Lo street artist ha dipinto a Dolo tre panchine, ognuna delle quali riporta una massima "La violenza è sintomo di debolezza, non di forza", "La violenza è una mancanza di vocabolario", "Love is stronger than violence". Ogni frase è associata a uno sguardo femminile, quello delle donne abusate che subiscono nel silenzio. Le panchine ricordano quotidianamente ai passanti che non si può accettare questa ingiustizia, che è necessario denunciare ed è giusto difendere chi è più debole.

Dalle panchine ai muri, la sensibilizzazione al tema della violenza contro le donne, utilizzando il lingaggio della street art, si trasforma, ma mantiene l'integrità del progetto originale. Sul muro del sottopasso di via Cristoforo Colombo troviamo un altro sguardo, il dolce volto di una ragazza circondata da rose e orchidee e poi un'altra frase, un altro modo per dire "NO".
Karim ha realizzato questo lavoro utilizzando esclusivamente le bombolette e seguendo un disegno a matita.

Violence has no justification

Karim Sherif is the artist of the red benches, known throughout Italy to have become the symbol of the fight against violence against women, which appeared for the first time in Turin parks.
The street artist painted three benches in Dolo, each of which carries a maxim "Violence is a symptom of weakness, not strength", "Violence is a lack of vocabulary", "Love is stronger than violence".
Each sentence is associated with a feminine gaze, that of abused women who suffer in silence.
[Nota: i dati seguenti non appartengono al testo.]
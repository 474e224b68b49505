-- ===== src/LfQueue.antt =====
-- include/lf_queue.hpp: `LFQueue<T>`, a ring of slots for one producer and one consumer.
-- A pointer to a slot is the slot's index; `nullptr` is `none`.
pub mod Fifo
pub mod Spsc
use lowlatency_cpp.Base.{
  ℕ, ◌+◌, ◌-◌, ◌%◌, ◌^◌, Option, none, some, List, length, set, get_elem?, replicate, ◌==◌,
  if◌then◌else◌, add_size, Outcome, done, fault,
}

pub record LfQueue {ℓ} (T : Type ℓ) : Type ℓ where
  pub store : List T
  pub next_write_index : ℕ
  pub next_read_index : ℕ
  pub num_elements : ℕ

module _ {ℓ} {T : Type ℓ} where
  abbrev pub blank_queue : ℕ → T → LfQueue T
  blank_queue num_elems blank = record {
    store = replicate num_elems blank;
    next_write_index = 0;
    next_read_index = 0;
    num_elements = 0;
  }

  -- The constructor; `assert(num_elems > 0)`. `blank` is the default value of T.
  unfoldable pub create : ℕ → T → Outcome (LfQueue T)
  create num_elems blank = if num_elems == 0 then fault else done (blank_queue num_elems blank)

  pub get_next_to_write_to : LfQueue T → Option ℕ
  get_next_to_write_to q =
      if q.num_elements == length q.store then none else some q.next_write_index

  -- What the producer does with the pointer: `*slot = value`.
  pub write_slot : LfQueue T → ℕ → T → LfQueue T
  write_slot q slot value = record q { store = set q.store slot value }

  pub update_write_index : LfQueue T → LfQueue T
  update_write_index q = record q {
    next_write_index = add_size q.next_write_index 1 % length q.store;
    num_elements = add_size q.num_elements 1;
  }

  pub get_next_to_read : LfQueue T → Option ℕ
  get_next_to_read q = if q.num_elements == 0 then none else some q.next_read_index

  -- What the consumer does with the pointer: `*next`.
  pub read_slot : LfQueue T → ℕ → Option T
  read_slot q slot = get_elem? q.store slot

  -- `assert(num_elements_ != 0)`, and `--num_elements_`, which wraps.
  pub update_read_index : LfQueue T → Outcome (LfQueue T)
  update_read_index q =
      if q.num_elements == 0
      then fault
      else done (record q {
        next_read_index = add_size q.next_read_index 1 % length q.store;
        num_elements = (q.num_elements + 2 ^ 64 - 1) % 2 ^ 64;
      })

  unfoldable pub size : LfQueue T → ℕ
  size q = q.num_elements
The benches daily remind passers-by that this injustice cannot be accepted; that it is necessary to denounce, and it is right to defend those who are weaker.
From benches to walls, the awareness of the theme of violence against women is transformed by using the language of street art,  though it maintains the integrity of the original project.
On the wall of the underpass in Cristoforo Colombo Street we find another look, the sweet face of a girl surrounded by roses and orchids and then, another sentence; another way to say "NO".
Karim made this work using only the spray cans and following a pencil drawing.
Biografia
Karim nasce a Cosenza il 6 luglio del 1984, ma vive e studia a Torino.
Il suo primo approccio con il mondo dei graffiti risale alla fine degli anni 90, e lo porterà quasi fin dagli inizi alle prime commissioni di lavoro e collaborazioni col progetto Murarte di Torino.
Diplomato al liceo scientifico A.Volta, intraprende gli studi universitari presso l'accademia Albertina di belle arti di Torino senza però laurearsi, a causa della già intensa attività lavorativa in ambito artistico e culturale.
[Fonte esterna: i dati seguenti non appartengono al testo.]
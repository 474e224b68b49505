-- ===== src/LfQueue/Fifo.antt =====
-- The calls of include/lf_queue.hpp one after another: an `LFQueue` is a bounded first-in first-out
-- queue. `push` and `pop` are the protocols of the two sides, each run without interruption.
mod Tests
pub mod Calls
pub mod Histories
use native.Mathlib.Nat.{mod-add-mod, mod-eq_of_lt, add-zero, mod-lt}
use native.Mathlib.Decide.{ℕ_discrete}
use lowlatency_cpp.Base.{
  ℕ, zero, suc, ◌+◌, ◌-◌, ◌%◌, ◌^◌, ◌≤◌, ◌<◌, ◌≡◌, ◌≢◌, refl, sym, ap, ap₂, ◌∙◌, List, [], ◌∷◌,
  ◌++◌, length, get_elem?, set, Option, some, none, Bool, true, false, arith, add_size,
  add_size-mod, mod-ne, length-set, get_elem?-set_self, get_elem?-set_ne, get_elem?-exists,
  get_elem?-append_length, get_elem?-append_lt, length-append, Outcome, done, fault, Option-cases,
  get_or, get_or-set_self, get_or-set_ne, get_elem?-eq-get_or, length-replicate,
}
use lowlatency_cpp.LfQueue.{
  LfQueue, blank_queue, get_next_to_write_to, write_slot, update_write_index, get_next_to_read,
  read_slot, update_read_index, size,
}

module _ {ℓ} {T : Type ℓ} where
  push_at : LfQueue T → Option ℕ → T → Option (LfQueue T)
  push_at q none value = none
  push_at q (some slot) value = some (update_write_index (write_slot q slot value))

  -- The producer's protocol: `none` if the queue is full.
  unfoldable pub push : LfQueue T → T → Option (LfQueue T)
  unfolding push_at get_next_to_write_to write_slot update_write_index
  push q value = push_at q (get_next_to_write_to q) value

  pop_at : LfQueue T → Option ℕ → Outcome (Option T × LfQueue T)
  pop_at q none = done (none, q)
  pop_at q (some slot) = elim (update_read_index q) [
    | done q' ↦ done (read_slot q slot, q')
    | fault ↦ fault
  ]

  -- The consumer's protocol: no value if the queue is empty.
  unfoldable pub pop : LfQueue T → Outcome (Option T × LfQueue T)
  unfolding pop_at get_next_to_read read_slot update_read_index
  pop q = pop_at q (get_next_to_read q)

  -- The queue of `n` slots holds the values `xs`, oldest first, from the read index on.
  pub record Contains (n : ℕ) (q : LfQueue T) (xs : List T) : Type ℓ where
    pub nonempty : 0 < n
    pub small : n < 2 ^ 64
    pub sized : length q.store ≡ n
    pub read_in : q.next_read_index < n
    pub counted : q.num_elements ≡ length xs
    pub fits : length xs ≤ n
    pub write_at : q.next_write_index ≡ (q.next_read_index + length xs) % n
    pub slots :
        (k : ℕ) → k < length xs → get_elem? q.store ((q.next_read_index + k) % n) ≡ get_elem? xs k

  pub blank-Contains :
      (n : ℕ) (blank : T) → 0 < n → n < 2 ^ 64 → Contains n (blank_queue n blank) []
  blank-Contains n blank nonempty small = record {
    nonempty = nonempty;
    small = small;
    sized = length-replicate n blank;
    read_in = nonempty;
    counted = refl;
    fits = omega arith;
    write_at = sym (mod-eq_of_lt nonempty);
    slots = λ k lt. absurd (omega arith);
  }

  -- A full queue gives the producer no slot.
  pub push_full :
      (n : ℕ) (q : LfQueue T) (xs : List T) (x : T)
      → Contains n q xs
      → length xs ≡ n
      → push q x ≡ none
  unfolding push
  push_full n q xs x c full = ground (arith, c.counted, c.sized)

  -- An empty queue gives the consumer no value, and does not change.
  pub pop_empty : (n : ℕ) (q : LfQueue T) → Contains n q [] → pop q ≡ done (none, q)
  unfolding pop
  pop_empty n q c = ground (arith, c.counted)

  module _ (n : ℕ) (q : LfQueue T) (xs : List T) (x : T) (c : Contains n q xs)
      (room : length xs < n) where
    pushed : LfQueue T
    pushed = record {
      store = set q.store q.next_write_index x;
      next_write_index = add_size q.next_write_index 1 % length (set q.store q.next_write_index x);
      next_read_index = q.next_read_index;
      num_elements = add_size q.num_elements 1;
    }

    in_store : q.next_write_index < length q.store
    in_store = omega (arith, c.sized, c.write_at, mod-lt (q.next_read_index + length xs) c.nonempty)

    pushed-slots :
        (k : ℕ)
        → k < length (xs ++ x ∷ [])
        → get_elem? (set q.store q.next_write_index x) ((q.next_read_index + k) % n)
          ≡ get_elem? (xs ++ x ∷ []) k
    pushed-slots k hi = elim (ℕ_discrete k (length xs)) [
      | yes last ↦
          rw (last, get_elem?-append_length xs x, ← c.write_at)
            (get_elem?-set_self q.store q.next_write_index x in_store)
      | no before ↦
          let lt : k < length xs = omega (arith, length-append xs (x ∷ [])) in
          get_elem?-set_ne q.store q.next_write_index _ x (λ same.
            mod-ne n (q.next_read_index + k) (q.next_read_index + length xs) (omega arith)
              (omega arith) (sym same ∙ c.write_at))
          ∙ c.slots k lt
          ∙ sym (get_elem?-append_lt xs (x ∷ []) k lt)
    ]

    pushed-Contains : Contains n pushed (xs ++ x ∷ [])
    unfolding pushed
    pushed-Contains = record {
      nonempty = c.nonempty;
      small = c.small;
      sized = length-set q.store q.next_write_index x ∙ c.sized;
      read_in = c.read_in;
      counted = omega (arith, c.counted, c.small, length-append xs (x ∷ []));
      fits = omega (arith, length-append xs (x ∷ []));
      write_at =
          rw (length-set q.store q.next_write_index x, c.sized, c.write_at)
            (add_size-mod n (q.next_read_index + length xs) c.nonempty c.small
              ∙ ap (λ (k : ℕ). k % n) {x = q.next_read_index + length xs + 1}
                  (omega (arith, length-append xs (x ∷ []))));
      slots = pushed-slots;
    }

    -- While there is room, the producer gets a slot, and what it publishes goes to the end of the
    -- queue; the values that were there stay.
    pub push-Contains : (q' : LfQueue T) × (push q x ≡ some q') × Contains n q' (xs ++ x ∷ [])
    unfolding push pushed
    push-Contains = (pushed, ground (arith, c.counted, c.sized), pushed-Contains)

  module _ (n : ℕ) (q : LfQueue T) (xs : List T) (x : T) (c : Contains n q (x ∷ xs)) where
    popped : LfQueue T
    popped = record q {
      next_read_index = add_size q.next_read_index 1 % length q.store;
      num_elements = (q.num_elements + 2 ^ 64 - 1) % 2 ^ 64;
    }

    next_read : add_size q.next_read_index 1 % length q.store ≡ (q.next_read_index + 1) % n
    next_read =
        let small_step : add_size q.next_read_index 1 ≡ q.next_read_index + 1 =
          omega (arith, c.read_in, c.small) in
        rw (c.sized, small_step)

    after : (k : ℕ) → ((q.next_read_index + 1) % n + k) % n ≡ (q.next_read_index + suc k) % n
    after k =
        mod-add-mod (q.next_read_index + 1) n k
        ∙ ap (λ (m : ℕ). m % n) {x = q.next_read_index + 1 + k} (omega arith)

    first : get_elem? q.store q.next_read_index ≡ some x
    first =
        let here : (q.next_read_index + 0) % n ≡ q.next_read_index =
          rw add-zero (mod-eq_of_lt c.read_in) in
        rw here at (c.slots 0 (omega arith))

    popped-Contains : Contains n popped xs
    unfolding popped
    popped-Contains = record {
      nonempty = c.nonempty;
      small = c.small;
      sized = c.sized;
      read_in = omega (arith, next_read, mod-lt (q.next_read_index + 1) c.nonempty);
      counted = omega (arith, c.counted, c.small, c.fits);
      fits = omega (arith, c.fits);
      write_at = rw next_read (c.write_at ∙ sym (after (length xs)));
      slots = λ k lt. rw (next_read, after k) (c.slots (suc k) (omega arith));
    }

    -- From a queue that is not empty the consumer gets the oldest value, and releases its slot; the
    -- other values stay. No assertion fails.
    pub pop-Contains : (q' : LfQueue T) × (pop q ≡ done (some x, q')) × Contains n q' xs
    unfolding pop popped
    pop-Contains = (popped, ground (arith, c.counted, first), popped-Contains)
Nel 2007, entra a far parte del gruppo artistico "Artefatti Familia" e diventa presidente dell'associazione culturale "Artefatti". Quest'ultima lo impegnerà in progetti ed iniziative legati a diverse realtà sociali. Numerosi laboratori di graffiti aperti a tutti, riqualificazione del territorio, live painting, eventi e convention internazionali.

Tra il 2007 ed il 2009 partecipa alla mostra annuale d'arte collettiva legata agli street artists “Across Rewriting” presso il circolo Amantes di Torino. In questi anni intanto gli interventi di riqualificazione urbana sono continuati con progetti in diverse zone di Torino, tra i quali ricordiamo la pittura dei bidoni dell'immondizia in via Giachino in borgata Tesso e l'intervento presso “il Muretto” in zona Vallette sempre a Torino.

Dal 2011 il lavoro si è concentrato sulla realizzazione di opere per privati su commissione e collaborazione con le realtà sociali e culturali del suo territorio.
Nel 2014 e 2015 è rilevante la collaborazione con l'associazione Acmos e con la circoscrizione 6, 3 e 4 di Torino per il progetto "PANCHINE ROSSE" intento a promuovere una campagna di sensibilizzazione sul tema della violenza sulle donne, che ancora adesso prosegue e si sta allargando alle altre circoscrizioni e comuni.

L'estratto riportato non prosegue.